* Task to complete:
The data beneath this task is to be duplicated exactly, in its entirety.

* Information shown:
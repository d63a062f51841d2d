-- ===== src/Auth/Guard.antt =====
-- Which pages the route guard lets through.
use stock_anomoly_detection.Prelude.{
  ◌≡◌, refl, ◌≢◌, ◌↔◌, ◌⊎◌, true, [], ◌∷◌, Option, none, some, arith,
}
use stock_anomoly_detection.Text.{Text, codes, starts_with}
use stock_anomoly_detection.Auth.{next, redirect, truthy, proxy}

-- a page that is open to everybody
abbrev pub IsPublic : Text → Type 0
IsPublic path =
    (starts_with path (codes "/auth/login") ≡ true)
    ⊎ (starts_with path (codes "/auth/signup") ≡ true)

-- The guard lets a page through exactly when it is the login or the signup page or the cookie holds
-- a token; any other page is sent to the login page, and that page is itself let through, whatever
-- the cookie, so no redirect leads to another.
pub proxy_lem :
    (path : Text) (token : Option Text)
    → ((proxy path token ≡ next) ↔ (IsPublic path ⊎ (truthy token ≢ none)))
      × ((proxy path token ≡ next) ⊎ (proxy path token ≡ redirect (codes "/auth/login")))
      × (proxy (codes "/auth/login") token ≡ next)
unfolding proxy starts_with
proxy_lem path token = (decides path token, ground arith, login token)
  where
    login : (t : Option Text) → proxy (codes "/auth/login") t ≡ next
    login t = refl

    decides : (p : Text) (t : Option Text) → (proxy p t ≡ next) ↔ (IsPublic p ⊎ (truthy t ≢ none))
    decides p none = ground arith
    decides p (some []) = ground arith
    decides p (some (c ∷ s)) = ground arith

* Solution to the problem:
repository d63a062f51841d2d
-- ===== src/Auth/Guard.antt =====
-- Which pages the route guard lets through.
use stock_anomoly_detection.Prelude.{
  ◌≡◌, refl, ◌≢◌, ◌↔◌, ◌⊎◌, true, [], ◌∷◌, Option, none, some, arith,
}
use stock_anomoly_detection.Text.{Text, codes, starts_with}
use stock_anomoly_detection.Auth.{next, redirect, truthy, proxy}

-- a page that is open to everybody
abbrev pub IsPublic : Text → Type 0
IsPublic path =
    (starts_with path (codes "/auth/login") ≡ true)
    ⊎ (starts_with path (codes "/auth/signup") ≡ true)

-- The guard lets a page through exactly when it is the login or the signup page or the cookie holds
-- a token; any other page is sent to the login page, and that page is itself let through, whatever
-- the cookie, so no redirect leads to another.
pub proxy_lem :
    (path : Text) (token : Option Text)
    → ((proxy path token ≡ next) ↔ (IsPublic path ⊎ (truthy token ≢ none)))
      × ((proxy path token ≡ next) ⊎ (proxy path token ≡ redirect (codes "/auth/login")))
      × (proxy (codes "/auth/login") token ≡ next)
unfolding proxy starts_with
proxy_lem path token = (decides path token, ground arith, login token)
  where
    login : (t : Option Text) → proxy (codes "/auth/login") t ≡ next
    login t = refl

    decides : (p : Text) (t : Option Text) → (proxy p t ≡ next) ↔ (IsPublic p ⊎ (truthy t ≢ none))
    decides p none = ground arith
    decides p (some []) = ground arith
    decides p (some (c ∷ s)) = ground arith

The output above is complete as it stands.